CRITERIA FOR NUCLEAR MATERIAL INVENTORY CONTROL

Year
1964
Author(s)
Leonard A. Meierkord - Westinghouse Electric Corporation
Abstract
This is an informal discussion and not a paper. In preparing it I attempted to put to one side the experiences of the past nearly 20 years in the Nuclear Industry so that a fresh and new look could be taken of Nuclear Material Management. This is an exercise I commend to you. The viewpoint adopted for the purpose of this paper is a management viewpoint that observes nuclear materials in an objective manner as simply another asset that is to be managed in accordance with good business practice and sound economic principles. Full recognition, of course, must be given to the unique characteristics of nuclear material.

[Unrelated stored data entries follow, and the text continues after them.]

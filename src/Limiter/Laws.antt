-- ===== src/Limiter/Laws.antt =====
-- On limiter.go: invariants of the limiter, and its sweep.
use concert.Prelude.{
  ℕ, ◌+◌, ◌≤◌, ◌<◌, ◌≡◌, refl, true, Option, none, some, arith, if◌then◌else◌, ◌==◌, ==_iff,
  ==_refl, Bool-cases, inl, inr,
}
use concert.Prelude.Table.{lookup, sweep, IsMap}
use concert.Prelude.Table.Laws.{lookup-insert, lookup-delete, insert-IsMap, delete-IsMap}
use concert.Prelude.Table.Sweep.{survivor, lookup-sweep, sweep-IsMap}
use concert.Net.{Addr, addr_eq}
use concert.Limiter.{
  LoginState, LoginLimiter, login_max_failures, login_lockout, lock_left, locked, current,
  count_failure, fail, reset, is_stale, purge,
}

-- Fewer failures than lock are counted, and a lock ends within the lockout from its start.
pub record IsSound (s : LoginState) : Type 0 where
  pub few : s.fails < login_max_failures
  pub bounded : s.locked_until ≤ s.first + login_lockout

pub record IsValid (l : LoginLimiter) : Type 0 where
  pub is_map : IsMap l
  pub sound : (ip : Addr) (s : LoginState) → lookup ip l ≡ some s → IsSound s

count_failure-IsSound : (now : ℕ) (s : LoginState) → IsSound s → IsSound (count_failure now s)
count_failure-IsSound now s h = ground arith

current-IsSound :
    (now : ℕ) (o : Option LoginState)
    → ((s : LoginState) → o ≡ some s → IsSound s)
    → IsSound (current now o)
current-IsSound now none h = ground arith
current-IsSound now (some s) h = let k = h s refl in ground arith

pub fail-IsValid : (ip : Addr) (now : ℕ) (l : LoginLimiter) → IsValid l → IsValid (fail ip now l)
unfolding fail
fail-IsValid ip now l v = record {
  is_map = insert-IsMap ip _ l v.is_map;
  sound = λ j s e.
      let new = count_failure-IsSound now _ (current-IsSound now (lookup ip l) (v.sound ip)) in
      ground
        (arith, lookup-insert ip j (count_failure now (current now (lookup ip l))) l, v.sound j s);
}

pub reset-IsValid : (ip : Addr) (l : LoginLimiter) → IsValid l → IsValid (reset ip l)
unfolding reset
reset-IsValid ip l v = record {
  is_map = delete-IsMap ip l v.is_map;
  sound = λ j s e. ground (arith, lookup-delete ip j l, v.sound j s);
}

pub purge-IsValid : (now : ℕ) (l : LoginLimiter) → IsValid l → IsValid (purge now l)
unfolding purge
purge-IsValid now l v = record {
  is_map = sweep-IsMap (is_stale now) l v.is_map;
  sound = λ j s e. ground (arith, lookup-sweep (is_stale now) j l v.is_map, v.sound j s);
}

-- A stale entry locks nobody, and its window is over.
lock_left-survivor :
    (now t : ℕ) (ip : Addr) (o : Option LoginState)
    → now ≤ t
    → lock_left t (survivor (is_stale now) ip o) ≡ lock_left t o
lock_left-survivor now t ip none h = refl
lock_left-survivor now t ip (some s) h = ground arith

current-survivor :
    (now t : ℕ) (ip : Addr) (o : Option LoginState)
    → now ≤ t
    → current t (survivor (is_stale now) ip o) ≡ current t o
current-survivor now t ip none h = refl
current-survivor now t ip (some s) h = ground arith

pub lookup-fail :
    (ip j : Addr) (now : ℕ) (l : LoginLimiter)
    → lookup j (fail ip now l)
      ≡ (if ip == j then some (count_failure now (current now (lookup ip l))) else lookup j l)
unfolding fail
lookup-fail ip j now l = lookup-insert ip j _ l

-- A sweep at `now` never shows from `now` on: every address is locked out for as long as without
-- it, and a failure at a later time leaves the address with the same state.
pub purge_invisible :
    (now t : ℕ) (ip : Addr) (l : LoginLimiter)
    → IsValid l
    → now ≤ t
    → (locked ip t (purge now l) ≡ locked ip t l)
      × (lookup ip (fail ip t (purge now l)) ≡ lookup ip (fail ip t l))
unfolding locked purge
purge_invisible now t ip l v h =
    let swept = lookup-sweep (is_stale now) ip l v.is_map in
    (
      rw swept (lock_left-survivor now t ip (lookup ip l) h),
      rw (lookup-fail ip ip t (sweep (is_stale now) l)) (
          rw (lookup-fail ip ip t l)
            (rw swept (rw (current-survivor now t ip (lookup ip l) h) (rw (==_refl ip))))),
    )

-- The clock has not gone back behind the start of the state's window.
abbrev pub NotBefore : ℕ → Option LoginState → Type 0
NotBefore now none = Unit
NotBefore now (some s) = s.first ≤ now

keeps_lock :
    (now t : ℕ) (o : Option LoginState)
    → ((s : LoginState) → o ≡ some s → IsSound s)
    → NotBefore now o
    → now ≤ t
    → (lock_left t o).1 ≡ true
    → ((lock_left t (some (count_failure now (current now o)))).1 ≡ true)
      × ((lock_left t o).0 ≤ (lock_left t (some (count_failure now (current now o)))).0)
keeps_lock now t none h b le e = cc
keeps_lock now t (some s) h b le e = let k = h s refl in ground arith

-- In a limiter that satisfies the invariant, and with a clock that has not gone back, a failure
-- of any address at `now` never ends or shortens a lock: an address locked out at some later `t`
-- is still locked out, for at least as long.
pub fail_keeps_lock :
    (ip j : Addr) (now t : ℕ) (l : LoginLimiter)
    → IsValid l
    → NotBefore now (lookup j l)
    → now ≤ t
    → (locked j t l).1 ≡ true
    → ((locked j t (fail ip now l)).1 ≡ true) × ((locked j t l).0 ≤ (locked j t (fail ip now l)).0)
unfolding locked
fail_keeps_lock ip j now t l v b h e = rw (lookup-fail ip j now l) (elim (Bool-cases (ip == j)) [
  | inl same ↦ rw (same, (==_iff ip j).0 same) (keeps_lock now t (lookup j l) (v.sound j) b h e)
  | inr other ↦ rw other (e, omega arith)
])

Certainly all laws of the land must be obeyed and the public health and welfare must be safeguarded. Please do not interpret any of these remarks as implying otherwise. However, within statutory and other mandatory parameters, uranium, and particularly low enrichment uranium and most other nuclear material should be most treated as any other asset. They warrant neither greater nor lesser attention than cash, gold, copper, finished inventory, machine tools, land or buildings of comparable value. The decisions to be made in any asset management situation are basically economic in nature, and so should they be with nuclear materials. Having adopted the thesis that good business practice and sound principles of asset management should be applied to nuclear materials, a question immediately arises. What are these practices and principles? To help identify them a brief review was made of several businesses and industries that have interesting and demanding asset problems. A list of industries studied includes the Banking Industry, the Commonwealth of Pennsylvania Liquor Commission, the Fur Industry, a Metals Manufacturing concern and finally a large Multiple- Plant Manufacturing Company.